1976 : Les premiers articles d'information scientifique sur l'amiante et ses dangers paraissent dans la presse médicale.
1977 : Un premier arrêté limite l'utilisation de l'amiante (interdiction de flocage dans les locaux d'habitation) et liste les travaux nécessitant une surveillance médicale. Par ailleurs, un décret limite les concentrations d'amiante admissibles au poste de travail à 2.000 fibres d'amiante par litre d'air sur 8 heures.
1988 : un décret interdit l'utilisation de la crocidolite (catégorie d'amiante dont les fibres sont en forme de croix). Ce texte établit une liste de produits contenant de l'amiante interdits à la vente, et oblige à étiqueter les produits en contenant.
1995 : Un diagnostic portant sur les flocages est fait à Jussieu par un bureau d'étude à la suite duquel des mesures d'urgence sont adoptées et mises en place par les universités.

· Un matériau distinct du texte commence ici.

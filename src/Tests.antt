-- ===== src/Tests.antt =====
-- Runs of the theorems at concrete inputs, over a small world in place of realm-core.
mod World
mod SchemaRuns
mod PushRuns
mod NativeRuns
mod OpenRuns
mod HttpRuns
mod LoopRuns
mod CallbackRuns
mod ModuleRuns
mod PlaygroundRuns
mod RealmRuns
mod CollectionRuns
mod CurlWorld
mod ObjectRuns
mod UserRuns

Un plan de retrait de ces flocages est envisagé, puis c'est le retrait total de l'amiante qui sera décidé.
1997 : Un décret promulgue une interdiction totale de fabriquer, importer ou créer tous les matériaux amiantifères.
2004 : Sur le seul campus de Jussieu, on dénombre 110 cas avérés de maladies professionnelles liées à l'amiante et cinq décès par cancer (mésothéliome) d'enseignants et de chercheurs ayant travaillé sur le site.